The Russian classics continue to play a vital role in our program, which is oriented toward students with interests in 18th- through 21st-century Russian literature and culture. But our Ph.D. in Slavic Languages and Literatures also emphasizes cultural studies approaches and other interdisciplinary work, and we offer a wide range of coursework and opportunities for individual concentrations, including: the languages, literatures and cultures of Ukraine, Poland, the Czech Republic, Serbia, Bosnia, Croatia, and Bulgaria, as well as Yiddish. In addition to literary studies, our students work on theater; cinema and visual culture; translation theory, history and practice; critical theory; gender studies; cultural history and the arts. Interdisciplinary study is facilitated by our close ties with other campus units, in particular, the federally funded Russian, East European and Eurasian Center; the Program in Comparative & World Literature; the Unit for Criticism & Interpretive Theory; the Department of Gender & Women's Studies; the College of Media; and the Program in Jewish Culture and Society. Students may earn formal graduate minors or certificates from such units, or they may create their own minors to satisfy Ph.D. requirements.

The faculty of the UIUC Slavic department represent a broad range of interests and methodological approaches, including the intersections of literature with law, medicine, and psychoanalysis; Jewish Studies; gender, sexuality, and the body; empire and the Gothic; postcolonial studies; film history and theory; Czech revival culture; nationalism and literature; Polish exilic and émigré literature; and East European pop culture. We invite you to consult the listing of our faculty, their research interests, and their recent publications at: http://www.slavic.uiuc.edu/people/
The Slavic collection of the University of Illinois Library is the third largest in the country; that resource and our outstanding Slavic Reference Service attract researchers from all over the world, especially during the Summer Research Laboratory.

The Department has a vibrant atmosphere enhanced by the international character of the graduate student body. The Russian Studies Circle (kruzhok) brings together faculty and graduate students from a number of related units for informal discussions of works-in-progress, recently published books, and work by scholars visiting the Illinois campus; there is also an Eastern European Studies Circle, and annual graduate-faculty reading groups on many topics of interest. Our annual Graduate Student Conference--now a collaboration with the Department of Slavic Languages and Literatures at the University of Chicago--professionalizes students and shares their work with faculty and students from Illinois and beyond.
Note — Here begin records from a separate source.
-- ===== src/Scheduler/Remotes.antt =====
-- src/scheduler.rs: a change of one remote lane keeps the invariant.
use hataori_rs.Prelude.{
  ℕ, ◌+◌, ◌≡◌, refl, true, false, Option, none, some, inl, inr, ◌||◌, arith, eqb, if◌then◌else◌,
  count, ok, err, is_empty, Bool-cases, length-drop,
}
use hataori_rs.Prelude.Int.{ℤ, int_key}
use hataori_rs.Prelude.Assoc.{lookup, insert, total-insert, AllValues-insert}
use hataori_rs.Scheduler.State.{RunningMeta, LaneState, Coordinator, SchedulerError}
use hataori_rs.Scheduler.Batches.{indices_of}
use hataori_rs.Scheduler.Lanes.{prefetch_request, add_prefetched, mark_stopping, drained_lane}
use hataori_rs.Scheduler.Ops.{on_remote_ready, on_remote_drain}
use hataori_rs.Scheduler.Places.{held, named, count-take-drop}
use hataori_rs.Scheduler.Invariant.{Inv, Safe, RemoteShape}
use hataori_rs.Scheduler.Handing.{next_batch, without_next, cut_count, make_batch_lem}

module _ {T U : Type 0} where
  abbrev with_remote : Coordinator T U → ℤ → LaneState → Coordinator T U
  with_remote c rank state = record c { remotes = insert rank state c.remotes }

  -- The lane keeps its batches.
  pub same_batches :
      (c : Coordinator T U) (rank : ℤ) (old new : LaneState)
      → Inv c
      → lookup rank c.remotes ≡ some old
      → ((i : ℕ) → held i new ≡ held i old)
      → ((j : ℕ) → named j new ≡ named j old)
      → RemoteShape c.prefetch new
      → Inv (with_remote c rank new)
  same_batches c rank old new v e same named_same shape = record {
    once = λ i. ground (arith, v.once i, same i, total-insert (held i) rank new c.remotes);
    kept = λ ok_ i. ground (arith, v.kept ok_ i, same i, total-insert (held i) rank new c.remotes);
    cleared = v.cleared;
    stopped_empty = v.stopped_empty;
    fresh = λ j. ground (arith, v.fresh j, named_same j, total-insert (named j) rank new c.remotes);
    budget = v.budget;
    addressable = v.addressable;
    nonzero = v.nonzero;
    root_shape = v.root_shape;
    remote_shapes =
        AllValues-insert (RemoteShape c.prefetch) rank new c.remotes shape v.remote_shapes;
  }

  -- The lane takes the next batch on.
  given_remote :
      (c : Coordinator T U) (rank : ℤ) (old new : LaneState)
      → Inv c
      → (c.failed || is_empty c.pending) ≡ false
      → lookup rank c.remotes ≡ some old
      → ((i : ℕ) → held i new ≡ held i old + count i (indices_of (next_batch c).items))
      → ((j : ℕ) → named j new ≡ named j old + (if eqb c.next_batch_id j then 1 else 0))
      → RemoteShape c.prefetch new
      → Inv (with_remote (without_next c) rank new)
  given_remote c rank old new v open_ e more named_more shape = record {
    once = λ i. ground (
      arith,
      v.once i,
      more i,
      total-insert (held i) rank new c.remotes,
      count-take-drop i (cut_count c) c.pending,
    );
    kept = λ ok_ i. ground (
      arith,
      v.kept ok_ i,
      more i,
      total-insert (held i) rank new c.remotes,
      count-take-drop i (cut_count c) c.pending,
    );
    cleared = λ bad. ground arith;
    stopped_empty = λ h. ground (arith, v.stopped_empty h);
    fresh = λ j. ground (arith, v.fresh j, named_more j, total-insert (named j) rank new c.remotes);
    budget = ground (arith, v.budget, v.nonzero, length-drop (cut_count c) c.pending);
    addressable = v.addressable;
    nonzero = v.nonzero;
    root_shape = v.root_shape;
    remote_shapes =
        AllValues-insert (RemoteShape c.prefetch) rank new c.remotes shape v.remote_shapes;
  }

  module _ (c : Coordinator T U) (rank : ℤ) (v : Inv c) where
    idle_ready :
        prefetch_request c.prefetch (lookup rank c.remotes) ≡ ok false
        → lookup rank c.remotes ≡ some LaneState.idle
        → Safe c (λ _ s. Inv s) (on_remote_ready rank c)
    unfolding on_remote_ready
    idle_ready request e = elim (Bool-cases (c.failed || is_empty c.pending)) [
      | inl done ↦
          rw (request, done)
            (same_batches c rank LaneState.idle LaneState.stopped v e (λ _. refl) (λ _. refl) tt)
      | inr more ↦
          rw (request, more, make_batch_lem c v more)
            (given_remote c rank LaneState.idle _ v more e (λ i. omega arith) (λ j. omega arith) tt)
    ]

    running_ready :
        (current : RunningMeta)
        → prefetch_request c.prefetch (lookup rank c.remotes) ≡ ok true
        → c.prefetch ≡ true
        → lookup rank c.remotes ≡ some (LaneState.running current none false)
        → Safe c (λ _ s. Inv s) (on_remote_ready rank c)
    unfolding on_remote_ready mark_stopping add_prefetched
    running_ready current request on e = elim (Bool-cases (c.failed || is_empty c.pending)) [
      | inl done ↦
          rw (request, done, e, mark_stopping)
            (same_batches c rank _ (LaneState.running current none true) v e (λ _. refl) (λ _. refl)
              tt)
      | inr more ↦
          rw (request, more, make_batch_lem c v more, e, add_prefetched)
            (given_remote c rank _ _ v more e (λ i. omega arith) (λ j. omega arith) (on, refl))
    ]

    ready-Safe :
        (o : Option LaneState)
        → lookup rank c.remotes ≡ o
        → Safe c (λ _ s. Inv s) (on_remote_ready rank c)
    unfolding on_remote_ready prefetch_request
    ready-Safe none e = rw (e, prefetch_request)
    ready-Safe (some LaneState.idle) e = idle_ready (rw e) e
    ready-Safe (some (LaneState.running current none false)) e = elim (Bool-cases c.prefetch) [
      | inl on ↦ running_ready current (ground arith) on e
      | inr off ↦ rw (refuse off)
    ]
      where
        refuse :
            c.prefetch ≡ false
            → prefetch_request c.prefetch (lookup rank c.remotes)
              ≡ err SchedulerError.wrong_lane_state
        refuse off = ground arith
    ready-Safe (some (LaneState.running current none true)) e = rw (e, prefetch_request)
    ready-Safe (some (LaneState.running current (some next) stopping)) e = rw (e, prefetch_request)
    ready-Safe (some LaneState.stopped) e = rw (e, prefetch_request)
    ready-Safe (some LaneState.drained) e = rw (e, prefetch_request)

    pub on_remote_ready-Safe : Safe c (λ _ s. Inv s) (on_remote_ready rank c)
    on_remote_ready-Safe = ready-Safe (lookup rank c.remotes) refl

    drain-Safe :
        (o : Option LaneState)
        → lookup rank c.remotes ≡ o
        → Safe c (λ _ s. Inv s) (on_remote_drain rank c)
    unfolding on_remote_drain drained_lane
    drain-Safe none e = rw (e, drained_lane)
    drain-Safe (some LaneState.idle) e = rw (e, drained_lane)
    drain-Safe (some (LaneState.running current prefetched stopping)) e = rw (e, drained_lane)
    drain-Safe (some LaneState.stopped) e =
        rw (e, drained_lane)
          (same_batches c rank LaneState.stopped LaneState.drained v e (λ _. refl) (λ _. refl) tt)
    drain-Safe (some LaneState.drained) e = rw (e, drained_lane)

    pub on_remote_drain-Safe : Safe c (λ _ s. Inv s) (on_remote_drain rank c)
    on_remote_drain-Safe = drain-Safe (lookup rank c.remotes) refl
Illinois is rich with outstanding scholars and scholarly programming in allied fields (history, anthropology, sociology, law, music, and others). Our department also regularly hosts speakers and organizes or co-sponsors conferences. We participate actively in cross-campus and interdisciplinary initiatives; information about such events is archived on our website: http://www.slavic.illinois.edu

To learn more about the opportunities and resources at the University of Illinois at Urbana-Champaign, please visit our website:
http://www.slavic.illinois.edu/graduate/<http://www.slavic.uiuc.edu/graduate/>
To apply, visit http://www.grad.illinois.edu/admissions/apply
This year's application deadline is January 1, 2014.  We will continue to consider applications after this date on a case-by-case basis, but late applicants are likely to have greatly diminished prospects for financial support.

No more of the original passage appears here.